Annual Energy Outlook 2016
Full Release Date: September 15, 2016 | Next Early Release Date: January 2017 | full report
AEO2015 considers a number of factors related to the uncertainty of future world crude oil prices, including changes in worldwide demand for petroleum products, crude oil production, and supplies of other liquid fuels. In the Reference, High Oil Price, and Low Oil Price cases, the North Sea Brent (Brent) crude oil price reflects the market price for light sweet crude oil free on board (FOB) at the Sullen Voe oil terminal in Scotland.
The Reference case reflects global oil market events through the end of 2014. Over the past two years, growth in U.S. crude oil production, along with the late-2014 drop in global crude oil prices, has altered the economics of the oil market. These new market conditions are assumed to continue in the Reference case, with the average Brent price dropping from $109/barrel (bbl) in 2013 to $56/bbl in 2015, before increasing to $76/bbl in 2018. After 2018, growth in demand from non-OECD countries—countries outside the Organization for Economic Cooperation and Development (OECD)—pushes the Brent price to $141/bbl in 2040 (in 2013 dollars). The increase in oil prices supports growth in domestic crude oil production.
The High Oil Price case assumes higher world demand for petroleum products, less upstream investment by the Organization of the Petroleum Exporting Countries (OPEC), and higher non-OPEC exploration and development costs. These factors all contribute to a rise in the average spot market price for Brent crude oil to $252/bbl in 2040, 78% above the Reference case. The reverse is true in the Low Oil Price case: lower non-OECD demand, higher OPEC upstream investment, and lower non-OPEC exploration and development costs cause the Brent spot price to increase slowly to $76/bbl, or 47% below the price in the Reference case, in 2040 (Figure 3).
World liquid fuels consumption varies in the three cases as a result of different assumptions about future trends in oil prices,
world oil supply, and the rate of non-OECD demand growth. Uncertainty about world crude oil production is also captured in
the three cases. In the Reference case, world production is 99.1 million bbl/d in 2040. In comparison to the Reference case, total
liquid fuel supplies and OPEC's market share are higher in the Low Oil Price case and lower in the High Oil Price case. For OPEC
countries in the Middle East, Africa, and South America, combined production grows from less than 32.6 million bbl/d in 2013 to 58.3 million bbl/d in 2040 in the Low Oil Price case, compared with 43.5 million bbl/d in 2040 in the Reference case and 35.0 million bbl/d in 2040 in the High Oil Price case.
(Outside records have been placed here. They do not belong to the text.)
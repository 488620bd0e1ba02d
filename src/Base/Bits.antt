-- ===== src/Base/Bits.antt =====
-- Flag words, and the laws of `&` and `|` on fields of bits.
use Prim.Native.Nat.{
  bit_and-bitwise, bit_or-bitwise, digits, max, min, ◌^◌, ◌-◌, ◌<◌, ◌≤◌, ◌%◌, ◌/◌, ◌*◌, ◌+◌, suc,
  zero, ℕ, bit_or, bit_and,
}
use native.Mathlib.Nat.{pow-suc}
use native.Mathlib.Omega.{arith}
use mathlib.Core.Path.{◌≡◌, refl, ap}
use mathlib.Core.Bool.{Bool, not}
use irccd.Base.Tests.{◌==◌}

-- (flags & mask) != 0
abbrev pub has_flag : ℕ → ℕ → Bool
has_flag flags mask = not (bit_and flags mask == 0)

module _ (last : ℕ → ℕ) (op : ℕ → ℕ → ℕ) where
  -- Two fuels that both cover the first number give the same digits.
  enough_fuel : (f g x y : ℕ) → x ≤ f → x ≤ g → digits last op f x y ≡ digits last op g x y
  enough_fuel zero zero x y p q = refl
  enough_fuel (suc f) (suc g) (suc x) y p q =
      ap (λ (higher : ℕ). higher * 2 + op (suc x % 2) (y % 2))
        (enough_fuel f g (suc x / 2) (y / 2) (omega arith) (omega arith))
  enough_fuel zero (suc g) zero y p q = refl
  enough_fuel (suc f) zero zero y p q = refl
  enough_fuel (suc f) (suc g) zero y p q = refl
  enough_fuel f g x y p q = absurd (omega arith)

-- The lowest binary digit of a conjunction and of a disjunction.
and_digit : (x y : ℕ) → bit_and x y ≡ min (x % 2) (y % 2) + 2 * bit_and (x / 2) (y / 2)
and_digit zero y = rw bit_and-bitwise (rw bit_and-bitwise (omega arith))
and_digit (suc x) y =
    let half = suc x / 2 in
    let fuels = enough_fuel (λ _. 0) min x half half (y / 2) (omega arith) (omega arith) in
    omega (arith, fuels, bit_and-bitwise half (y / 2), bit_and-bitwise (suc x) y)

or_digit : (x y : ℕ) → bit_or x y ≡ max (x % 2) (y % 2) + 2 * bit_or (x / 2) (y / 2)
or_digit zero y = rw bit_or-bitwise (rw bit_or-bitwise (omega arith))
or_digit (suc x) y =
    let half = suc x / 2 in
    let fuels = enough_fuel (λ d. d) max x half half (y / 2) (omega arith) (omega arith) in
    omega (arith, fuels, bit_or-bitwise half (y / 2), bit_or-bitwise (suc x) y)

-- Laws by halving, for numbers up to `n`.
and_zero_upto : (n a : ℕ) → a ≤ n → bit_and a 0 ≡ 0
and_zero_upto zero a h = let e : a ≡ 0 = omega arith in rw e
and_zero_upto (suc n) a h = omega (arith, and_digit a 0, and_zero_upto n (a / 2) (omega arith))

or_zero_upto : (n a : ℕ) → a ≤ n → bit_or a 0 ≡ a
or_zero_upto zero a h = let e : a ≡ 0 = omega arith in rw e
or_zero_upto (suc n) a h = omega (arith, or_digit a 0, or_zero_upto n (a / 2) (omega arith))

or_comm_upto : (n a b : ℕ) → a ≤ n → b ≤ n → bit_or a b ≡ bit_or b a
or_comm_upto zero a b p q = let x : a ≡ 0 = omega arith in let y : b ≡ 0 = omega arith in rw (x, y)
or_comm_upto (suc n) a b p q =
    omega (
      arith,
      or_digit a b,
      or_digit b a,
      or_comm_upto n (a / 2) (b / 2) (omega arith) (omega arith),
    )

pub bit_or_comm : (a b : ℕ) → bit_or a b ≡ bit_or b a
bit_or_comm a b = or_comm_upto (max a b) a b (omega arith) (omega arith)

pub one-le-pow : (k : ℕ) → 1 ≤ 2 ^ k
one-le-pow zero = omega arith
one-le-pow (suc k) = omega (arith, pow-suc 2 k, one-le-pow k)

-- Halving a number that ends in `suc k` bits below a field.
half_fields : (k q r : ℕ) → (q * 2 ^ suc k + r) / 2 ≡ q * 2 ^ k + r / 2
half_fields k q r = omega (arith, ap (λ (t : ℕ). q * t) (pow-suc 2 k))

half_mask : (k : ℕ) → (2 ^ suc k - 1) / 2 ≡ 2 ^ k - 1
half_mask k = omega (arith, pow-suc 2 k, one-le-pow k)

-- `&` with the `k` low bits keeps the field below them.
pub bit_and-fields : (k q r : ℕ) → r < 2 ^ k → bit_and (q * 2 ^ k + r) (2 ^ k - 1) ≡ r
bit_and-fields zero q r h =
    omega (arith, and_zero_upto (q * 2 ^ 0 + r) (q * 2 ^ 0 + r) (omega arith))
bit_and-fields (suc k) q r h =
    let top = ap (λ (t : ℕ). q * t) (pow-suc 2 k) in
    rw (and_digit (q * 2 ^ suc k + r) (2 ^ suc k - 1), half_fields, half_mask)
      (rw (bit_and-fields k q (r / 2) (omega (arith, pow-suc 2 k)))
        (omega (arith, top, pow-suc 2 k, one-le-pow k)))

-- `&` with the `k` low bits is the remainder.
pub bit_and-mod : (k x : ℕ) → bit_and x (2 ^ k - 1) ≡ x % 2 ^ k
bit_and-mod k x =
    let parts : x / 2 ^ k * 2 ^ k + x % 2 ^ k ≡ x = grind arith in
    rw parts at (bit_and-fields k (x / 2 ^ k) (x % 2 ^ k) (grind (arith, one-le-pow k)))

-- `|` of a shifted field and a field below it is their sum.
pub bit_or-fields : (k q r : ℕ) → r < 2 ^ k → bit_or (q * 2 ^ k) r ≡ q * 2 ^ k + r
bit_or-fields zero q r h =
    let e : r ≡ 0 = omega arith in rw e (omega (arith, or_zero_upto (q * 2 ^ 0) (q * 2 ^ 0)))
bit_or-fields (suc k) q r h =
    let top = ap (λ (t : ℕ). q * t) (pow-suc 2 k) in
    let half : q * 2 ^ suc k / 2 ≡ q * 2 ^ k = omega (arith, top) in
    rw (or_digit (q * 2 ^ suc k) r, half)
      (rw (bit_or-fields k q (r / 2) (omega (arith, pow-suc 2 k))) (omega (arith, top)))

-- `|` with a single bit above a number adds it.
pub bit_or-bit : (k r : ℕ) → r < 2 ^ k → bit_or r (2 ^ k) ≡ r + 2 ^ k
bit_or-bit k r h =
    let one : 1 * 2 ^ k ≡ 2 ^ k = omega arith in
    omega (arith, bit_or_comm r (2 ^ k), rw one at (bit_or-fields k 1 r h))
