-- ===== src/Bot.antt =====
-- lib/irccd/irccd.c: the bot's registries and its dispatch.
pub mod Rules
pub mod Registry
pub mod Dispatch
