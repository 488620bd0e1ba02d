-- ===== src/Memory.antt =====
-- Reads through pointers: `none` is a fault, such as a read behind the end of an array or through
-- NULL. A `do` block stops at the first fault.
use irccd.Base.{ℕ, Option, none, some, List, get_elem?}

infixl 5 ◌>>=◌
abbrev pub ◌>>=◌ {ℓ κ} : {A : Type ℓ} {B : Type κ} → Option A → (A → Option B) → Option B
some a >>= f = f a
none >>= f = none

-- a[i] of an array that has exactly these elements.
abbrev pub read {ℓ} : {A : Type ℓ} → List A → ℕ → Option A
read = get_elem?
As increased OPEC production depresses world oil prices in the Low Oil Price case, development of some non-OPEC resources that are viable in the Reference case become uneconomical. As a result, non-OPEC production increases only slightly in the Low Oil Price case, from 45.3 million bbl/d in 2013 to 46.8 million bbl/d in 2040. In the High Oil Price case, non-OPEC production totals 63.8 million bbl/d in 2040. Unlike the High Oil and Gas Resource case, which assumes higher estimated ultimate recovery of crude oil and natural gas per well, closer well spacing, and greater advancement in production technology than the Reference case, the High Oil Price and Low Oil Price cases assume no changes in those factors from the Reference case.
The prices charged for petroleum products and other liquid products in the United States reflect the price that refiners pay for crude oil inputs, as well as operation, transportation, and distribution costs, and the margins that refiners receive. Changes in gasoline and distillate fuel oil prices generally move in the same direction as changes in the world crude oil price, but the changes in price are also influenced by demand factors. A 30% rise in the North Sea Brent crude oil spot price from 2013 to 2040 in the Reference case results in the weighted average U.S. petroleum product price rising by 15%, from $3.16/gallon to $3.62/gallon (in 2013 dollars). However, the effect of rising crude oil prices on distillate fuel use in the United States is less than for motor gasoline, because of a greater increase in distillate fuel demand as freight requirements continue to grow and the mix of light-duty vehicle fuels shifts from gasoline to diesel fuel. U.S. distillate fuel prices rise by 23% through 2040 in the Reference case, compared to an 11% increase for motor gasoline (Figure 4 and Figure 5). However, distillate fuel consumption rises by 15%, compared to a 20% decrease in motor gasoline consumption.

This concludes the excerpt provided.